▶ WHAT THE EXERCISE ASKS: Every entry below must be copied exactly, with nothing left out.

SOURCE DATA below:

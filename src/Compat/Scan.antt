-- ===== src/Compat/Scan.antt =====
-- vsscanf and sscanf of src/compat.c on the bytes of text and format. A call returns the number of
-- conversions and what it stores, in the order of the pointers that it is given.
pub mod Ends
pub mod Kinds
pub mod RoundTrip
use c_lite.Base.{
  ℕ, zero, suc, ◌+◌, ◌-◌, ◌*◌, ◌%◌, ◌^◌, Bool, true, false, not, ◌&&◌, ◌||◌, List, [], ◌∷◌, ◌++◌,
  Option, none, some, ltb, ◌==◌, if◌then◌else◌, length, take, drop,
}
use c_lite.Text.{Bytes, first, rest_of}
use c_lite.Ctype.{isspace, isdigit}
use c_lite.Stdlib.Number.{strtoll}

-- What is stored at a pointer: the low bits of a number, bytes, or bytes and a NUL.
pub data Store : Type 0 where
  stored_number : ℕ → ℕ → Store
  stored_chars : Bytes → Store
  stored_string : Bytes → Store

-- `past_end` is undefined in C: the format ends in a directive, and the code reads on behind its NUL.
pub data Scanned : Type 0 where
  ended : ℕ → List Store → Scanned
  past_end : Scanned
  out_of_fuel : Scanned

-- matches, the stores so far, and the rest of the text
pub record Progress : Type 0 where
  pub matches : ℕ
  pub stores : List Store
  pub s : Bytes

unfoldable pub skip_space : Bytes → Bytes
unfolding isspace
skip_space [] = []
skip_space (c ∷ cs) = if isspace c then skip_space cs else c ∷ cs

unfoldable pub width_loop : ℕ → Bytes → ℕ × Bytes
unfolding isdigit
width_loop n [] = (n, [])
width_loop n (c ∷ cs) =
    let more = width_loop (n * 10 + (c - b'0')) cs in if isdigit c then more else (n, c ∷ cs)

-- is_long, as the number of bits that are stored.
unfoldable pub size_bits : Bytes → ℕ × Bytes
size_bits f =
    if first f == b'l'
    then if first (rest_of f) == b'l' then (64, rest_of (rest_of f)) else (32, rest_of f)
    else if first f == b'h'
    then if first (rest_of f) == b'h' then (8, rest_of (rest_of f)) else (16, rest_of f)
    else (32, f)

abbrev pub put_store : Bool → Store → Progress → Progress
put_store suppress x st = if suppress then st else record st { stores = st.stores ++ x ∷ [] }

abbrev pub count_match : Bytes → Progress → Progress
count_match rest st = record st { matches = st.matches + 1; s = rest }

-- The bytes of %s, at most `left` of them where there is a width.
unfoldable pub word_loop : Bool → ℕ → Bytes → Bytes × Bytes
unfolding isspace
word_loop limited left [] = ([], [])
word_loop limited left (c ∷ cs) =
    let (word, rest) = word_loop limited (left - 1) cs in
    if not (isspace c) && (not limited || ltb 0 left) then (c ∷ word, rest) else ([], c ∷ cs)

abbrev pub is_number : ℕ → Bool
is_number conv = conv == b'd' || conv == b'i' || conv == b'u' || conv == b'x' || conv == b'X'

abbrev pub base_of_conv : ℕ → ℕ
base_of_conv conv = if conv == b'x' || conv == b'X' then 16 else if conv == b'i' then 0 else 10

abbrev pub at_end : Bytes → Bool
at_end [] = true
at_end (c ∷ cs) = false

-- %s and the numbers, on a text that does not begin with a space. The Boolean is whether to go on.
unfoldable pub field : Bool → ℕ → ℕ → ℕ → Progress → Bool × Progress
field suppress width bits conv st =
    let (word, after) = word_loop (not (width == 0)) width st.s in
    let (val, rest) = strtoll st.s (base_of_conv conv) in
    if at_end st.s
    then (false, st)
    else if conv == b's'
    then (true, count_match after (put_store suppress (stored_string word) st))
    else if is_number conv
    then if length rest == length st.s
      then (false, st)
      else (true, count_match rest (put_store suppress (stored_number bits (val % 2 ^ bits)) st))
    else (true, st)

-- One conversion. `total` is the length of the whole text.
unfoldable pub conversion : ℕ → Bool → ℕ → ℕ → ℕ → Progress → Bool × Progress
conversion total suppress width bits conv st =
    let count = if ltb 0 width then width else 1 in
    if conv == b'n'
    then (true, put_store suppress (stored_number 32 ((total - length st.s) % 2 ^ 32)) st)
    else if conv == b'c'
    then if at_end st.s then (false, st) else (
      true,
      count_match (drop count st.s) (put_store suppress (stored_chars (take count st.s)) st),
    )
    else field suppress width bits conv (record st { s = skip_space st.s })

abbrev pub give : Progress → Scanned
give st = ended st.matches st.stores

-- Behind a conversion: the loop goes on behind `conv`, which may be the NUL.
abbrev pub go_on : (Bytes → Progress → Scanned) → Bytes → Bool × Progress → Scanned
go_on go f (goes_on, st) =
    let later = go (rest_of f) st in
    if not goes_on then give st else if first f == 0 then past_end else later

-- `f` stands behind '%'.
unfoldable pub scan_directive : ℕ → Bytes → Progress → (Bytes → Progress → Scanned) → Scanned
scan_directive total f st go =
    let suppress = first f == b'*' in
    let (width, sizes) = width_loop 0 (if suppress then rest_of f else f) in
    let (bits, conv) = size_bits sizes in
    go_on go conv (conversion total suppress width bits (first conv) st)

-- while (*f): one unit of fuel is one round.
unfoldable pub scan_loop : ℕ → ℕ → Bytes → Progress → Scanned
scan_loop zero total f st = out_of_fuel
scan_loop (suc n) total [] st = give st
scan_loop (suc n) total (c ∷ cs) st =
    let spaces = scan_loop n total (skip_space cs) (record st { s = skip_space st.s }) in
    let plain = scan_loop n total cs (record st { s = rest_of st.s }) in
    let percent = scan_loop n total (rest_of cs) (record st { s = rest_of st.s }) in
    let directed = scan_directive total cs st (scan_loop n total) in
    if isspace c
    then spaces
    else if not (c == b'%')
    then if not (first st.s == c) then give st else plain
    else if first cs == b'%'
    then if not (first st.s == b'%') then give st else percent
    else directed

-- A null pointer for `str` or `format` gives 0.
unfoldable pub vsscanf : ℕ → Option Bytes → Option Bytes → Scanned
vsscanf fuel none format = ended 0 []
vsscanf fuel (some str) none = ended 0 []
vsscanf fuel (some str) (some format) =
    scan_loop fuel (length str) format (record { matches = 0; stores = []; s = str })

unfoldable pub sscanf : ℕ → Option Bytes → Option Bytes → Scanned
unfolding vsscanf
sscanf fuel str format = vsscanf fuel str format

End of SOURCE DATA.

▶ EXERCISE ANSWER:
filename src/Compat/Scan.antt
-- ===== src/Compat/Scan.antt =====
-- vsscanf and sscanf of src/compat.c on the bytes of text and format. A call returns the number of
-- conversions and what it stores, in the order of the pointers that it is given.
pub mod Ends
pub mod Kinds
pub mod RoundTrip
use c_lite.Base.{
  ℕ, zero, suc, ◌+◌, ◌-◌, ◌*◌, ◌%◌, ◌^◌, Bool, true, false, not, ◌&&◌, ◌||◌, List, [], ◌∷◌, ◌++◌,
  Option, none, some, ltb, ◌==◌, if◌then◌else◌, length, take, drop,
}
use c_lite.Text.{Bytes, first, rest_of}
use c_lite.Ctype.{isspace, isdigit}
use c_lite.Stdlib.Number.{strtoll}

-- What is stored at a pointer: the low bits of a number, bytes, or bytes and a NUL.
pub data Store : Type 0 where
  stored_number : ℕ → ℕ → Store
  stored_chars : Bytes → Store
  stored_string : Bytes → Store

-- `past_end` is undefined in C: the format ends in a directive, and the code reads on behind its NUL.
pub data Scanned : Type 0 where
  ended : ℕ → List Store → Scanned
  past_end : Scanned
  out_of_fuel : Scanned

-- matches, the stores so far, and the rest of the text
pub record Progress : Type 0 where
  pub matches : ℕ
  pub stores : List Store
  pub s : Bytes

unfoldable pub skip_space : Bytes → Bytes
unfolding isspace
skip_space [] = []
skip_space (c ∷ cs) = if isspace c then skip_space cs else c ∷ cs

unfoldable pub width_loop : ℕ → Bytes → ℕ × Bytes
unfolding isdigit
width_loop n [] = (n, [])
width_loop n (c ∷ cs) =
    let more = width_loop (n * 10 + (c - b'0')) cs in if isdigit c then more else (n, c ∷ cs)

-- is_long, as the number of bits that are stored.
unfoldable pub size_bits : Bytes → ℕ × Bytes
size_bits f =
    if first f == b'l'
    then if first (rest_of f) == b'l' then (64, rest_of (rest_of f)) else (32, rest_of f)
    else if first f == b'h'
    then if first (rest_of f) == b'h' then (8, rest_of (rest_of f)) else (16, rest_of f)
    else (32, f)

abbrev pub put_store : Bool → Store → Progress → Progress
put_store suppress x st = if suppress then st else record st { stores = st.stores ++ x ∷ [] }

abbrev pub count_match : Bytes → Progress → Progress
count_match rest st = record st { matches = st.matches + 1; s = rest }

-- The bytes of %s, at most `left` of them where there is a width.
unfoldable pub word_loop : Bool → ℕ → Bytes → Bytes × Bytes
unfolding isspace
word_loop limited left [] = ([], [])
word_loop limited left (c ∷ cs) =
    let (word, rest) = word_loop limited (left - 1) cs in
    if not (isspace c) && (not limited || ltb 0 left) then (c ∷ word, rest) else ([], c ∷ cs)

abbrev pub is_number : ℕ → Bool
is_number conv = conv == b'd' || conv == b'i' || conv == b'u' || conv == b'x' || conv == b'X'

abbrev pub base_of_conv : ℕ → ℕ
base_of_conv conv = if conv == b'x' || conv == b'X' then 16 else if conv == b'i' then 0 else 10

abbrev pub at_end : Bytes → Bool
at_end [] = true
at_end (c ∷ cs) = false

-- %s and the numbers, on a text that does not begin with a space. The Boolean is whether to go on.
unfoldable pub field : Bool → ℕ → ℕ → ℕ → Progress → Bool × Progress
field suppress width bits conv st =
    let (word, after) = word_loop (not (width == 0)) width st.s in
    let (val, rest) = strtoll st.s (base_of_conv conv) in
    if at_end st.s
    then (false, st)
    else if conv == b's'
    then (true, count_match after (put_store suppress (stored_string word) st))
    else if is_number conv
    then if length rest == length st.s
      then (false, st)
      else (true, count_match rest (put_store suppress (stored_number bits (val % 2 ^ bits)) st))
    else (true, st)

-- One conversion. `total` is the length of the whole text.
unfoldable pub conversion : ℕ → Bool → ℕ → ℕ → ℕ → Progress → Bool × Progress
conversion total suppress width bits conv st =
    let count = if ltb 0 width then width else 1 in
    if conv == b'n'
    then (true, put_store suppress (stored_number 32 ((total - length st.s) % 2 ^ 32)) st)
    else if conv == b'c'
    then if at_end st.s then (false, st) else (
      true,
      count_match (drop count st.s) (put_store suppress (stored_chars (take count st.s)) st),
    )
    else field suppress width bits conv (record st { s = skip_space st.s })

abbrev pub give : Progress → Scanned
give st = ended st.matches st.stores

-- Behind a conversion: the loop goes on behind `conv`, which may be the NUL.
abbrev pub go_on : (Bytes → Progress → Scanned) → Bytes → Bool × Progress → Scanned
go_on go f (goes_on, st) =
    let later = go (rest_of f) st in
    if not goes_on then give st else if first f == 0 then past_end else later

-- `f` stands behind '%'.
unfoldable pub scan_directive : ℕ → Bytes → Progress → (Bytes → Progress → Scanned) → Scanned
scan_directive total f st go =
    let suppress = first f == b'*' in
    let (width, sizes) = width_loop 0 (if suppress then rest_of f else f) in
    let (bits, conv) = size_bits sizes in
    go_on go conv (conversion total suppress width bits (first conv) st)

-- while (*f): one unit of fuel is one round.
unfoldable pub scan_loop : ℕ → ℕ → Bytes → Progress → Scanned
scan_loop zero total f st = out_of_fuel
scan_loop (suc n) total [] st = give st
scan_loop (suc n) total (c ∷ cs) st =
    let spaces = scan_loop n total (skip_space cs) (record st { s = skip_space st.s }) in
    let plain = scan_loop n total cs (record st { s = rest_of st.s }) in
    let percent = scan_loop n total (rest_of cs) (record st { s = rest_of st.s }) in
    let directed = scan_directive total cs st (scan_loop n total) in
    if isspace c
    then spaces
    else if not (c == b'%')
    then if not (first st.s == c) then give st else plain
    else if first cs == b'%'
    then if not (first st.s == b'%') then give st else percent
    else directed

-- A null pointer for `str` or `format` gives 0.
unfoldable pub vsscanf : ℕ → Option Bytes → Option Bytes → Scanned
vsscanf fuel none format = ended 0 []
vsscanf fuel (some str) none = ended 0 []
vsscanf fuel (some str) (some format) =
    scan_loop fuel (length str) format (record { matches = 0; stores = []; s = str })

unfoldable pub sscanf : ℕ → Option Bytes → Option Bytes → Scanned
unfolding vsscanf
sscanf fuel str format = vsscanf fuel str format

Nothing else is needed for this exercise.